6. Zubereitung nach Anspruch 5, wobei das Trägermedium aus gereinigtem Wasser oder physiologischer Kochsalzlösung besteht.

7. Verfahren zur Zubereitung eines vernetzten Hämoglobins eines Molekulargewichts von vornehmlich 64 000 und eines P50-Werts von mindestens 1,7 kPa (13 mm Hg-Säule) bei einem pH-Wert von 7,4 durch Vernetzen eines gereinigten Hämoglobinlysats mit einem bifunktionellen Imidoester bei einem pH-Wert von mindestens 8,0 in einer Tris-HCl-Puffer enthaltenden Polymerisationslösung.

8. Verfahren nach Anspruch 7, wobei die Polymerisationslösung NaCl enthält.

9. Verfahren nach Anspruch 7 oder 8, wobei der pH-Wert 8,0 bis 12,0 beträgt.

10. Verfahren nach einem der Ansprüche 7 bis 9, wobei die Polymerisationslösung 50 mM Tris-HCl und 0,1 - 2,0 M NaCl enthält.

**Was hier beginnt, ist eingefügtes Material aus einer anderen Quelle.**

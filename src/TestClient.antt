-- ===== src/TestClient.antt =====
-- test-client/src/main.rs and test-client/src/bin/remote-rtt.rs: how a client makes packets of
-- messages and reads those of the server. The JSON library is an argument.
pub mod Connect
pub mod Messages
pub mod Settings
pub mod Stats
pub mod Run
pub mod Interleaving
pub mod Counts
pub mod Tasks
pub mod OwnEntry
pub mod Isolation
pub mod Verdict
pub mod Passed
pub mod Main
pub mod Pass
pub mod Refusals
pub mod Changes
pub mod Scenario
pub mod Packets
mod Tests
mod MainTests
use mathlib.Core.Option
use kotatsu_backend.Prelude.{ℕ, ℕ_eq, List, [], ◌∷◌, Option, none, some, nat_eq, if◌then◌else◌}
use kotatsu_backend.Realtime.Broadcast.{pkt_reliable, pkt_unreliable}

-- The argument is what `serde_json::to_vec` makes of the message.
unfoldable pub encode_packet : ℕ → Option (List ℕ) → Option (List ℕ)
encode_packet pkt_type json = Option.map (λ bytes. pkt_type ∷ bytes) json

module _ {M : Type 0} (from_slice : List ℕ → Option M) where
  unfoldable pub parse_reliable : List ℕ → Option M
  parse_reliable [] = none
  parse_reliable (pkt_type ∷ payload) =
      if nat_eq pkt_type pkt_reliable then from_slice payload else none

  unfoldable pub parse_datagram : List ℕ → Option M
  parse_datagram [] = none
  parse_datagram (pkt_type ∷ payload) =
      if nat_eq pkt_type pkt_unreliable then from_slice payload else none
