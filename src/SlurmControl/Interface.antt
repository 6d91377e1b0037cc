-- ===== src/SlurmControl/Interface.antt =====
-- `SlurmControlInterface` and what fills it
-- (upstream/slurm-operator/internal/controller/nodeset/slurmcontrol/slurmcontrol.go).
use slinky_on_openshift.Prelude.{Bool, Option, List, String}
use slinky_on_openshift.Prelude.Dict.{Dict}
use slinky_on_openshift.Exec.{M}
use slinky_on_openshift.Kube.{NodeSet, Pod}
use slinky_on_openshift.Utils.TimeStore.{TimeStore}
use slinky_on_openshift.SlurmControl.Nodes.{SlurmClient}
use slinky_on_openshift.SlurmControl.Drain.{
  make_node_drain, make_node_undrain, is_node_drain, is_node_drained,
}
use slinky_on_openshift.SlurmControl.Status.{
  SlurmNodeStatus, Json, get_node_names, calculate_node_status, update_node_with_pod_info,
}
use slinky_on_openshift.SlurmControl.Deadlines.{get_node_deadlines}

pub record SlurmControlInterface (S : Type 0) : Type 0 where
  pub get_node_names : NodeSet → List Pod → M S (List String)
  pub calculate_node_status : NodeSet → List Pod → M S SlurmNodeStatus
  pub update_node_with_pod_info : NodeSet → Pod → M S (Unit {0})
  pub make_node_drain : NodeSet → Pod → String → M S (Unit {0})
  pub make_node_undrain : NodeSet → Pod → String → M S (Unit {0})
  pub is_node_drain : NodeSet → Pod → M S Bool
  pub is_node_drained : NodeSet → Pod → M S Bool
  pub get_node_deadlines : NodeSet → List Pod → M S TimeStore

-- `NewSlurmControl`, for the clients of the clusters
abbrev pub new_slurm_control :
    {S : Type 0}
    → (String → Option (List String))
    → Json
    → Dict (SlurmClient S)
    → SlurmControlInterface S
new_slurm_control expand json clusters = record {
  get_node_names = get_node_names clusters;
  calculate_node_status = calculate_node_status clusters;
  update_node_with_pod_info = update_node_with_pod_info clusters json;
  make_node_drain = make_node_drain clusters;
  make_node_undrain = make_node_undrain clusters;
  is_node_drain = is_node_drain clusters;
  is_node_drained = is_node_drained clusters;
  get_node_deadlines = get_node_deadlines expand clusters;
}
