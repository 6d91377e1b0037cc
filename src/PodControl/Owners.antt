-- ===== src/PodControl/Owners.antt =====
-- The owner references of a pod's PersistentVolumeClaims under the retention policy
-- (upstream/slurm-operator/internal/controller/nodeset/podcontrol/podcontrol.go).
-- `new_controller_ref` is `metav1.NewControllerRef`.
pub mod Scrub
pub mod Converge
use slinky_on_openshift.Prelude.{
  Bool, true, false, not, ◌&&◌, ◌||◌, Option, none, some, List, [], ◌∷◌, ◌++◌, String, any, str_eq,
  if◌then◌else◌,
}
use slinky_on_openshift.Kube.{
  OwnerReference, Pod, Claim, NodeSet, RetentionPolicyType, RetentionPolicy, retain, delete_claims,
}
use slinky_on_openshift.Utils.Pods.{is_pod_cordon}

-- An object that can own a claim, with its kind: `metav1.Object` and `schema.GroupVersionKind`.
pub record Owner : Type 0 where
  pub api_version : String
  pub kind : String
  pub name : String
  pub uid : String

abbrev pub nodeset_owner : NodeSet → Owner
nodeset_owner nodeset = record {
  api_version = "slinky.slurm.net/v1alpha1";
  kind = "NodeSet";
  name = nodeset.name;
  uid = nodeset.uid;
}

abbrev pub pod_owner : Pod → Owner
pod_owner pod = record { api_version = "v1"; kind = "Pod"; name = pod.name; uid = pod.uid }

unfoldable pub matches_ref : OwnerReference → Owner → Bool
matches_ref ref obj =
    str_eq obj.api_version ref.api_version && str_eq obj.kind ref.kind && str_eq ref.name obj.name

-- `ref.Controller != nil && *ref.Controller`
abbrev pub is_controller : OwnerReference → Bool
is_controller ref = elim ref.controller [ none ↦ false | some b ↦ b ]

unfoldable pub has_owner_ref : List OwnerReference → Owner → Bool
has_owner_ref refs owner = any (λ r. str_eq r.uid owner.uid) refs

-- the first reference that matches decides
unfoldable pub has_stale_owner_ref : List OwnerReference → Owner → Bool
has_stale_owner_ref [] obj = false
has_stale_owner_ref (r ∷ refs) obj =
    if matches_ref r obj then not (str_eq r.uid obj.uid) else has_stale_owner_ref refs obj

abbrev pub is_retain : RetentionPolicyType → Bool
is_retain retain = true
is_retain _ = false

abbrev pub is_delete : RetentionPolicyType → Bool
is_delete delete_claims = true
is_delete _ = false

unfoldable pub get_retention_policy : NodeSet → RetentionPolicy
get_retention_policy nodeset = elim nodeset.retention_policy [
  | none ↦ record { when_deleted = retain; when_scaled = retain }
  | some policy ↦ policy
]

-- the loop of `hasUnexpectedController`
unfoldable pub other_controls : List OwnerReference → Owner → Owner → Bool
other_controls [] nodeset pod = false
other_controls (r ∷ refs) nodeset pod =
    let rest = other_controls refs nodeset pod in
    if matches_ref r nodeset
    then (if not (str_eq r.uid nodeset.uid) then true else rest)
    else if matches_ref r pod
    then (if not (str_eq r.uid pod.uid) then true else rest)
    else if is_controller r
    then true
    else rest

unfoldable pub has_unexpected_controller : Claim → NodeSet → Pod → Bool
has_unexpected_controller claim nodeset pod =
    let policy = get_retention_policy nodeset in
    if is_retain policy.when_scaled && is_retain policy.when_deleted
    then false
    else other_controls claim.owner_references (nodeset_owner nodeset) (pod_owner pod)

unfoldable pub has_non_controller_owner : List OwnerReference → Owner → Owner → Bool
has_non_controller_owner refs nodeset pod =
    any (λ r. (str_eq r.uid nodeset.uid || str_eq r.uid pod.uid) && not (is_controller r)) refs

unfoldable pub remove_refs : List OwnerReference → (OwnerReference → Bool) → List OwnerReference
remove_refs [] predicate = []
remove_refs (r ∷ refs) predicate =
    let rest = remove_refs refs predicate in if not (predicate r) then r ∷ rest else rest

abbrev same : Bool → Bool → Bool
same true b = b
same false b = not b

-- The `switch` of `isClaimOwnerUpToDate`; its `default` falls through to the first case. The
-- arguments behind the policy: whether the NodeSet and the pod are owners, and `podScaledDown`.
unfoldable pub owners_match : RetentionPolicy → Bool → Bool → Bool → Bool
owners_match policy nodeset_owns pod_owns pod_scaled_down =
    if is_delete policy.when_deleted && is_retain policy.when_scaled
    then not (not nodeset_owns || pod_owns)
    else if is_retain policy.when_deleted && is_delete policy.when_scaled
    then not nodeset_owns && same pod_scaled_down pod_owns
    else if is_delete policy.when_deleted && is_delete policy.when_scaled
    then not (same pod_scaled_down nodeset_owns) && same pod_scaled_down pod_owns
    else not (nodeset_owns || pod_owns)

unfoldable pub is_claim_owner_up_to_date : Claim → NodeSet → Pod → Bool
unfolding owners_match
is_claim_owner_up_to_date claim nodeset pod =
    let refs = claim.owner_references in
    let n = nodeset_owner nodeset in
    let p = pod_owner pod in
    if has_stale_owner_ref refs n || has_stale_owner_ref refs p
    then true
    else if has_unexpected_controller claim nodeset pod
    then not (has_owner_ref refs n || has_owner_ref refs p)
    else if has_non_controller_owner refs n p
    then false
    else owners_match (get_retention_policy nodeset) (has_owner_ref refs n) (has_owner_ref refs p)
        (is_pod_cordon pod)

module _ (new_controller_ref : Owner → OwnerReference) where
  unfoldable pub add_controller_ref : List OwnerReference → Owner → List OwnerReference
  add_controller_ref refs owner =
      if any (λ r. str_eq r.uid owner.uid) refs then refs else refs ++ new_controller_ref owner ∷ []

  -- the `switch` of `updateClaimOwnerRefForSetAndPod`
  unfoldable pub add_owners :
      RetentionPolicy → Bool → List OwnerReference → Owner → Owner → List OwnerReference
  unfolding add_controller_ref
  add_owners policy pod_scaled_down refs nodeset pod =
      if is_retain policy.when_scaled && is_delete policy.when_deleted
      then add_controller_ref refs nodeset
      else if is_delete policy.when_scaled && is_retain policy.when_deleted
      then (if pod_scaled_down then add_controller_ref refs pod else refs)
      else if is_delete policy.when_scaled && is_delete policy.when_deleted
      then (if pod_scaled_down
          then add_controller_ref refs pod
          else add_controller_ref refs nodeset)
      else refs

  unfoldable pub update_claim_owner_ref : Claim → NodeSet → Pod → Claim
  unfolding add_owners
  update_claim_owner_ref claim nodeset pod =
      let n = nodeset_owner nodeset in
      let p = pod_owner pod in
      let unexpected_controller = has_unexpected_controller claim nodeset pod in
      let refs = remove_refs claim.owner_references (λ r. matches_ref r n || matches_ref r p) in
      if unexpected_controller then record claim { owner_references = refs } else record claim {
        owner_references = add_owners (get_retention_policy nodeset) (is_pod_cordon pod) refs n p;
      }
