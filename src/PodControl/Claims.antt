-- ===== src/PodControl/Claims.antt =====
-- The claims of a pod: created with it, and kept to the retention policy
-- (upstream/slurm-operator/internal/controller/nodeset/podcontrol/podcontrol.go).
pub mod Match
pub mod Calm
use slinky_on_openshift.Prelude.{
  Bool, true, false, not, Option, none, some, List, [], ◌∷◌, ◌++◌, String, if◌then◌else◌,
}
use slinky_on_openshift.Prelude.Dict.{Dict}
use slinky_on_openshift.Prelude.Int.{ℤ}
use slinky_on_openshift.Exec.{
  Error, not_found, message, Result, ok, err, panic, M, pure, ◌>>=◌, ◌>>◌, new_aggregate,
}
use slinky_on_openshift.Kube.{OwnerReference, Pod, Claim, NodeSet}
use slinky_on_openshift.Naming.{
  get_ordinal, get_persistent_volume_claim_name, get_persistent_volume_claims,
}
use slinky_on_openshift.PodControl.Owners.{
  Owner, pod_owner, has_stale_owner_ref, is_retain, get_retention_policy, has_unexpected_controller,
  is_claim_owner_up_to_date, update_claim_owner_ref,
}

-- The API server's claims, by namespace and name, and the events on them.
pub record ClaimClient (S : Type 0) : Type 0 where
  pub get_claim : String → String → M S Claim
  pub create_claim : Claim → M S (Unit {0})
  pub update_claim : Claim → M S (Unit {0})
  pub record_claim_event : NodeSet → Pod → Claim → Error → S → S
  pub record_conflicting_controller : NodeSet → String → S → S

module _ {S : Type 0} (client : ClaimClient S) where
  -- The errors of the loop so far. The order of the claims is that of a Go map, which `order` gives.
  pub create_claims : NodeSet → Pod → Dict Claim → List Error → S → Result (List Error) × S
  create_claims nodeset pod [] errs s = (ok errs, s)
  create_claims nodeset pod ((key, claim) ∷ claims) errs s =
      let (res, s1) = client.get_claim nodeset.namespace claim.name s in
      elim res [
        | panic ↦ (panic, s1)
        | err not_found ↦
            let (created, s2) = client.create_claim claim s1 in
            let s3 = client.record_claim_event nodeset pod claim not_found s2 in
            elim created [
              | panic ↦ (panic, s2)
              | ok _ ↦ create_claims nodeset pod claims errs s3
              | err e ↦
                  create_claims nodeset pod claims (errs ++ message "failed to create PVC" ∷ []) s3
            ]
        | err e ↦
            create_claims nodeset pod claims (errs ++ message "failed to retrieve PVC" ∷ [])
              (client.record_claim_event nodeset pod claim e s1)
        | ok pvc ↦ elim pvc.deletion_timestamp [
          | none ↦ create_claims nodeset pod claims errs s1
          | some t ↦
              create_claims nodeset pod claims (errs ++ message "pvc is being deleted" ∷ []) s1
        ]
      ]

  abbrev pub aggregated : Option Error → Result (Unit {0})
  aggregated none = ok tt
  aggregated (some e) = err e

  unfoldable pub create_persistent_volume_claims :
      (Dict Claim → Dict Claim) → NodeSet → Pod → M S (Unit {0})
  unfolding create_claims
  create_persistent_volume_claims order nodeset pod =
      create_claims nodeset pod (order (get_persistent_volume_claims nodeset pod)) [] >>= λ errs s.
      (aggregated (new_aggregate errs), s)

  -- the loops over the claim templates
  unfoldable pub claims_match : NodeSet → Pod → List Claim → M S Bool
  unfolding is_claim_owner_up_to_date
  claims_match nodeset pod [] s = (ok true, s)
  claims_match nodeset pod (template ∷ templates) s =
      let name = get_persistent_volume_claim_name nodeset template (get_ordinal pod) in
      let (res, s1) = client.get_claim nodeset.namespace name s in
      elim res [
        | panic ↦ (panic, s1)
        | err not_found ↦ claims_match nodeset pod templates s1
        | err e ↦ (err (message "could not retrieve claim"), s1)
        | ok claim ↦ elim (is_claim_owner_up_to_date claim nodeset pod) [
          | false ↦ (ok false, s1)
          | true ↦ claims_match nodeset pod templates s1
        ]
      ]

  unfoldable pub pod_pvcs_match_retention_policy : NodeSet → Pod → M S Bool
  unfolding claims_match
  pod_pvcs_match_retention_policy nodeset pod =
      claims_match nodeset pod nodeset.volume_claim_templates

  module _ (new_controller_ref : Owner → OwnerReference) where
    -- a claim that the server has
    unfoldable pub update_claim : NodeSet → Pod → Claim → M S (Unit {0})
    unfolding has_unexpected_controller is_claim_owner_up_to_date update_claim_owner_ref
    update_claim nodeset pod claim s =
        let s1 =
          if has_unexpected_controller claim nodeset pod
          then client.record_conflicting_controller nodeset claim.name s
          else s in
        if is_claim_owner_up_to_date claim nodeset pod
        then (ok tt, s1)
        else client.update_claim (update_claim_owner_ref new_controller_ref claim nodeset pod) s1

    -- an error of the server is wrapped, so its kind is kept
    unfoldable pub update_claims : NodeSet → Pod → List Claim → M S (Unit {0})
    unfolding update_claim
    update_claims nodeset pod [] s = (ok tt, s)
    update_claims nodeset pod (template ∷ templates) s =
        let name = get_persistent_volume_claim_name nodeset template (get_ordinal pod) in
        let (res, s1) = client.get_claim nodeset.namespace name s in
        elim res [
          | panic ↦ (panic, s1)
          | err not_found ↦ update_claims nodeset pod templates s1
          | err e ↦ (err e, s1)
          | ok claim ↦
              let (updated, s2) = update_claim nodeset pod claim s1 in
              elim updated [
                | panic ↦ (panic, s2)
                | err e ↦ (err e, s2)
                | ok _ ↦ update_claims nodeset pod templates s2
              ]
        ]

    unfoldable pub update_pod_pvcs_for_retention_policy : NodeSet → Pod → M S (Unit {0})
    unfolding update_claims
    update_pod_pvcs_for_retention_policy nodeset pod =
        update_claims nodeset pod nodeset.volume_claim_templates

  pub any_stale : Pod → Dict Claim → M S Bool
  any_stale pod [] s = (ok false, s)
  any_stale pod ((key, claim) ∷ claims) s =
      let (res, s1) = client.get_claim claim.namespace claim.name s in
      elim res [
        | panic ↦ (panic, s1)
        | err not_found ↦ any_stale pod claims s1
        | err e ↦ (err e, s1)
        | ok pvc ↦ elim (has_stale_owner_ref pvc.owner_references (pod_owner pod)) [
          | true ↦ (ok true, s1)
          | false ↦ any_stale pod claims s1
        ]
      ]

  unfoldable pub is_pod_pvcs_stale : (Dict Claim → Dict Claim) → NodeSet → Pod → M S Bool
  unfolding any_stale
  is_pod_pvcs_stale order nodeset pod s =
      if is_retain (get_retention_policy nodeset).when_scaled
      then (ok false, s)
      else any_stale pod (order (get_persistent_volume_claims nodeset pod)) s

11. Verfahren nach einem der Ansprüche 7 bis 10, wobei dem gereinigten Hämoglobinlysat Sauerstoff entzogen ist.

12. Verfahren nach einem der Ansprüche 7 bis 11, umfassend die Entfernung von niedrigmolekularem Hämoglobin durch Größenausschluß.

13. Verfahren nach Anspruch 12, wobei der Größenausschluß auf chromatographischem Wege erfolgt.

14. Verfahren nach einem der Ansprüche 7 bis 13, wobei der Imidoester aus Dimethyladipimidat oder Dimethylsuberimidat besteht.

15. Verfahren nach einem der Ansprüche 7 bis 14, wobei die Polymerisation durch wiederholte Behandlung des gereinigten Hämoglobins mit äquimolaren Mengen des Imidoesters erfolgt.

16. Verfahren zur Herstellung einer Zubereitung nach Anspruch 5 oder 6 durch Vereinigen des Hämoglobins mit dem Trägermedium.